=== Problem to work on ===
After reading the data below, copy out every line that contains the word "abbrev".
[Data for this exercise — start]
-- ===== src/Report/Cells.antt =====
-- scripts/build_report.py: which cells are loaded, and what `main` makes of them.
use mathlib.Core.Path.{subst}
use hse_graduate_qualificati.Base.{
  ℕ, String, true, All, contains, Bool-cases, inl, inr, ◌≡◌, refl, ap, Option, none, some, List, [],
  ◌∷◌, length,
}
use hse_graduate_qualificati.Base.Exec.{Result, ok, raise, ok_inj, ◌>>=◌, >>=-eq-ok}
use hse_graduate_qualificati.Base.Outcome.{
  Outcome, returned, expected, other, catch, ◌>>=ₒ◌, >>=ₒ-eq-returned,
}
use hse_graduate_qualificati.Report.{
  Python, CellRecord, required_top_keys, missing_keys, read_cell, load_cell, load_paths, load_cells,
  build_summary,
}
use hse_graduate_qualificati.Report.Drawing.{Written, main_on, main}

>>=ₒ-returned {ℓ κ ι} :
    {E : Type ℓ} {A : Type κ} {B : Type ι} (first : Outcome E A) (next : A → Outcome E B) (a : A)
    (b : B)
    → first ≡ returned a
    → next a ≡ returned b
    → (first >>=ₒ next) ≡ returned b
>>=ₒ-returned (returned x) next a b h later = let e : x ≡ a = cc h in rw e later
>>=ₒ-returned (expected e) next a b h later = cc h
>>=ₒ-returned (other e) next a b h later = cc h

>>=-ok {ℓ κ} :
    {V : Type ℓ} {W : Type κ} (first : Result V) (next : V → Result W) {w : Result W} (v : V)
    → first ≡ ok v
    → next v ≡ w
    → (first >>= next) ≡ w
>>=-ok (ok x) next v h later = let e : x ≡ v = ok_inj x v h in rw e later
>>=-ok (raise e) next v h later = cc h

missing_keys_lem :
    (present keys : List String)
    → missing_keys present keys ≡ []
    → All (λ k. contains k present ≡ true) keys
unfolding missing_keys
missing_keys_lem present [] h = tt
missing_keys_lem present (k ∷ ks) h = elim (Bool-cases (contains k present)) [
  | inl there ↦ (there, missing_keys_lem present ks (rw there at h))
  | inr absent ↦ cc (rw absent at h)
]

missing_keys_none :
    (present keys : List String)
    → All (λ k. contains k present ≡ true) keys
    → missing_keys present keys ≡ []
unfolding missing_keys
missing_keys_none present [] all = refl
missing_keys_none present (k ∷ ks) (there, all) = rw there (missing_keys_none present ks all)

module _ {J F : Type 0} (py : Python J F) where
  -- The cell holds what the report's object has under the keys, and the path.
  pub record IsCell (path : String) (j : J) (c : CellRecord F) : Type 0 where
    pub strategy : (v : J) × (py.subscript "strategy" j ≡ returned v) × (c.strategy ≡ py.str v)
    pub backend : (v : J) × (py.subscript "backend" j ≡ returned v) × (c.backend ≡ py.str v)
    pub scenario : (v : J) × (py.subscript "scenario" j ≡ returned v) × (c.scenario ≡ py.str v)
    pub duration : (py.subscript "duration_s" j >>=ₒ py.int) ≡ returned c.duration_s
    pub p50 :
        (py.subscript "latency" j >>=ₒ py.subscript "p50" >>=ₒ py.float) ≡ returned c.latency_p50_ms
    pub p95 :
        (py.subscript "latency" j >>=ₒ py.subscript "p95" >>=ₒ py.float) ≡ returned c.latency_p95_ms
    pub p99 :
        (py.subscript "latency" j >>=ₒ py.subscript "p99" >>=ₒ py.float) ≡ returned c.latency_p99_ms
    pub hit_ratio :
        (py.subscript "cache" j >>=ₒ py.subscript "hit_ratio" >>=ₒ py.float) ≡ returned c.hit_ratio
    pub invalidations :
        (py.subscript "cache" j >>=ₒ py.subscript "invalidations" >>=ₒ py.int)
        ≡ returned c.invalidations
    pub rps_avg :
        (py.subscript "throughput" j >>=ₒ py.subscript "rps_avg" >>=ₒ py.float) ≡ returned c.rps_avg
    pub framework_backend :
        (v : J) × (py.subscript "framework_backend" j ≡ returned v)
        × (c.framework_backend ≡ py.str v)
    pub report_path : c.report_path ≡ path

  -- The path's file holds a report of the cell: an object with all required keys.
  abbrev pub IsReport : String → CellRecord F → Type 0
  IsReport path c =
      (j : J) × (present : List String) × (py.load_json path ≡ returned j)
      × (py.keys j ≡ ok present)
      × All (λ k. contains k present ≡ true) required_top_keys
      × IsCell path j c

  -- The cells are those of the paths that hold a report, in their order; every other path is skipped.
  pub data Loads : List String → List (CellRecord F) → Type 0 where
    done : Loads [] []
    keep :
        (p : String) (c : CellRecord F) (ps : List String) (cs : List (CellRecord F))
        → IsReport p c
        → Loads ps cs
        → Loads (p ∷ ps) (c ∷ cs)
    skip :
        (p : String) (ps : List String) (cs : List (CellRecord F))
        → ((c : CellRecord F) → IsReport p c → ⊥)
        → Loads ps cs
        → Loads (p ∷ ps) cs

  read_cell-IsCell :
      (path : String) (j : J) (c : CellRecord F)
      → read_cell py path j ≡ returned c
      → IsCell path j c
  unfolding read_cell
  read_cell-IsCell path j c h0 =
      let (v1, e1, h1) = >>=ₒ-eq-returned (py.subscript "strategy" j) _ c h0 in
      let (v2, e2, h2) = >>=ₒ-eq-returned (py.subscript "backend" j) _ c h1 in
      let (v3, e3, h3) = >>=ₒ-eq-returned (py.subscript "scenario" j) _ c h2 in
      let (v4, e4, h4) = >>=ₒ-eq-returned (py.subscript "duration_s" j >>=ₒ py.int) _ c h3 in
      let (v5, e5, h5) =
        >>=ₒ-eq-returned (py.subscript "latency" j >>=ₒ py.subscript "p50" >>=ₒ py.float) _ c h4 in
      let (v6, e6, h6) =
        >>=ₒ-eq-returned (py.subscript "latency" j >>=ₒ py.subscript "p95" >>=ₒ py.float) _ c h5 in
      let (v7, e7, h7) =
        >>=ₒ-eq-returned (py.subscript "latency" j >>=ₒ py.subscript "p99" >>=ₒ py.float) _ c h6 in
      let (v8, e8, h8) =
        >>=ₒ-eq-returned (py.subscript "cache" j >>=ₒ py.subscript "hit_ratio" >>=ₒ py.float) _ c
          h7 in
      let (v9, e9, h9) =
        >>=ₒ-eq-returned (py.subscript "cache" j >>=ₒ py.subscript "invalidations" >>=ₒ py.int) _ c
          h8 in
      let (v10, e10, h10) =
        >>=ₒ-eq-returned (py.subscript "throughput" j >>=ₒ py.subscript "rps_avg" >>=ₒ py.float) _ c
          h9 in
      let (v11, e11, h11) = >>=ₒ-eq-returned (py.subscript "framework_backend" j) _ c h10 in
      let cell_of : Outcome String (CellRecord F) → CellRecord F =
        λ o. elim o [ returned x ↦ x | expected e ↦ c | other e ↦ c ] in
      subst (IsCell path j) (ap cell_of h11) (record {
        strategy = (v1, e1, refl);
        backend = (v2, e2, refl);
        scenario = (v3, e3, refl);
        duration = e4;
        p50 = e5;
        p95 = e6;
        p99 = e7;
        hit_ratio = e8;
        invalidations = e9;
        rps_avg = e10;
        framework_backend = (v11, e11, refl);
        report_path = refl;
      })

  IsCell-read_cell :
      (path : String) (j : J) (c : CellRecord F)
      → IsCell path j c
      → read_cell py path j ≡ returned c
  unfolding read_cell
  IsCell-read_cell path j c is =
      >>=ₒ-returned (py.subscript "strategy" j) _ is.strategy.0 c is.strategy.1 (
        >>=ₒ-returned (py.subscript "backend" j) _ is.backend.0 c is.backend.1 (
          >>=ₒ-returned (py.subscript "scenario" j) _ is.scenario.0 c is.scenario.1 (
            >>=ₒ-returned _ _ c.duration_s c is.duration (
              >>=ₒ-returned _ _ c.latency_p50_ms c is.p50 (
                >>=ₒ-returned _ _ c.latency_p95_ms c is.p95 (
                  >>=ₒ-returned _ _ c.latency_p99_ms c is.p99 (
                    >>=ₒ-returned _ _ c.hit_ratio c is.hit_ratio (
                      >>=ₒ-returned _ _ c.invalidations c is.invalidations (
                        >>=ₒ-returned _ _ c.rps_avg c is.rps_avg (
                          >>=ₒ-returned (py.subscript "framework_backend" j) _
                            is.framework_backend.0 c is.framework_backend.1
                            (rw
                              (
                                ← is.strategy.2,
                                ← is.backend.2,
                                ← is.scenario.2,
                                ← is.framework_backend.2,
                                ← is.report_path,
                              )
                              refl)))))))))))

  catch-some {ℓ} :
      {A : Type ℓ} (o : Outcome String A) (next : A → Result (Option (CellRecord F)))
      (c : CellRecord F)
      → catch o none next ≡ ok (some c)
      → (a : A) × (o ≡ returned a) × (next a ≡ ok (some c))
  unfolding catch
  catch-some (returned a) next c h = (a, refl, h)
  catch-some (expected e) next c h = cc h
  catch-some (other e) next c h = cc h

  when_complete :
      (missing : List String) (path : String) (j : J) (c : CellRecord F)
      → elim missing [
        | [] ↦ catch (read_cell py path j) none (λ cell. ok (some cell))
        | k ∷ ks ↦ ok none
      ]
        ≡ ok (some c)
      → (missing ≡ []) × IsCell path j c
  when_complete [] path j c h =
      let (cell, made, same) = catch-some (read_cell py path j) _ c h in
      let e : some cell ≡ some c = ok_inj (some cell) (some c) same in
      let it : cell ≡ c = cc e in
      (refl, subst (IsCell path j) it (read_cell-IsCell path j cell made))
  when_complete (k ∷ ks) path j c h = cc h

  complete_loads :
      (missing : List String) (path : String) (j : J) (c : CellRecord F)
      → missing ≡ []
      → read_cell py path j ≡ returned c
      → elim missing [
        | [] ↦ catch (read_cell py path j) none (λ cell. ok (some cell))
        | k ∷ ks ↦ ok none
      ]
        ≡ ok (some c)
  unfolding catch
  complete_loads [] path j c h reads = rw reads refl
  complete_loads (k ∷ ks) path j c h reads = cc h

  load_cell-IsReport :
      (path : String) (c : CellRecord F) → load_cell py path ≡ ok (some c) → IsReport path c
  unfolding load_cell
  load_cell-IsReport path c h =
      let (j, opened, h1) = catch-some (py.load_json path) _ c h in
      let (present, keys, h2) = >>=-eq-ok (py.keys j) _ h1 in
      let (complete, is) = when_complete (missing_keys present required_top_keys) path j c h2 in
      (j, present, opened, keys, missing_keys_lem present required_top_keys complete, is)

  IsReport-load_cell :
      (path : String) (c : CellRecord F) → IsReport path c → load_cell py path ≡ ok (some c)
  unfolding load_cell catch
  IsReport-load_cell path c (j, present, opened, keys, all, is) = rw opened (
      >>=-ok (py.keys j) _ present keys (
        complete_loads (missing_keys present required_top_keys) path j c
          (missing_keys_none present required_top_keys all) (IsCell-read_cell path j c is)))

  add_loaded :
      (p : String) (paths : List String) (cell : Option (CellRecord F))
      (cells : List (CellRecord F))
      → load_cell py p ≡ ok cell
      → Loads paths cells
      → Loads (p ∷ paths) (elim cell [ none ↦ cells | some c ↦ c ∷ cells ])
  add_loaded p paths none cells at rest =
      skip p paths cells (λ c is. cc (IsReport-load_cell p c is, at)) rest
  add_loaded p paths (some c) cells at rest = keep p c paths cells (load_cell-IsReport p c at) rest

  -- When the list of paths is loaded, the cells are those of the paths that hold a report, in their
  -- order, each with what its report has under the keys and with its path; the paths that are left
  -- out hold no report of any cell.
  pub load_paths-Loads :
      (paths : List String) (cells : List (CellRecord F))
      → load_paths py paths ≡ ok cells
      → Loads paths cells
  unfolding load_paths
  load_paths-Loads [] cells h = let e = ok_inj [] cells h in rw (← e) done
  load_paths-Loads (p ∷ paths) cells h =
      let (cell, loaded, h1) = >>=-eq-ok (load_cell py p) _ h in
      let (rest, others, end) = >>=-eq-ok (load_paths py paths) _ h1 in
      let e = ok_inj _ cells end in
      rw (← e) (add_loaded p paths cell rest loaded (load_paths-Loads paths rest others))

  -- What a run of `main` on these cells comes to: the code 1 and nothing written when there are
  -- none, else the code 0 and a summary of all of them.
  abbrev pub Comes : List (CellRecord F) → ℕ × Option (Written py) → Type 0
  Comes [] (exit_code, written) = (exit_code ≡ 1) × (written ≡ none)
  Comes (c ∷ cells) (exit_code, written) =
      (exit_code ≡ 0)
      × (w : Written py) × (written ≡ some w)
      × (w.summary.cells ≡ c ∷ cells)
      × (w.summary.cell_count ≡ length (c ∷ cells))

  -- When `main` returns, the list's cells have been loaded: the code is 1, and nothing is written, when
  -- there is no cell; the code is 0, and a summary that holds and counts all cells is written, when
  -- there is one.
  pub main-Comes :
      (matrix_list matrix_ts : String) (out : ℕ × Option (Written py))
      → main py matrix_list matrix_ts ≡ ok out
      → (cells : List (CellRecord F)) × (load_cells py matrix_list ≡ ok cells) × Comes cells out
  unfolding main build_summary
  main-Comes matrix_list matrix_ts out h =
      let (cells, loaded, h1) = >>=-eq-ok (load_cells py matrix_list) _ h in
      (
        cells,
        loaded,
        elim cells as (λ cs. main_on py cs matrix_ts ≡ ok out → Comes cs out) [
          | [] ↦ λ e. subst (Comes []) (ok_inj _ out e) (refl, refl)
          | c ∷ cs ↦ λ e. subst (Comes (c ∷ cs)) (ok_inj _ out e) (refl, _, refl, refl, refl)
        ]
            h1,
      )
[Data for this exercise — finish]
=== Response to this task ===
  abbrev pub IsReport : String → CellRecord F → Type 0
  abbrev pub Comes : List (CellRecord F) → ℕ × Option (Written py) → Type 0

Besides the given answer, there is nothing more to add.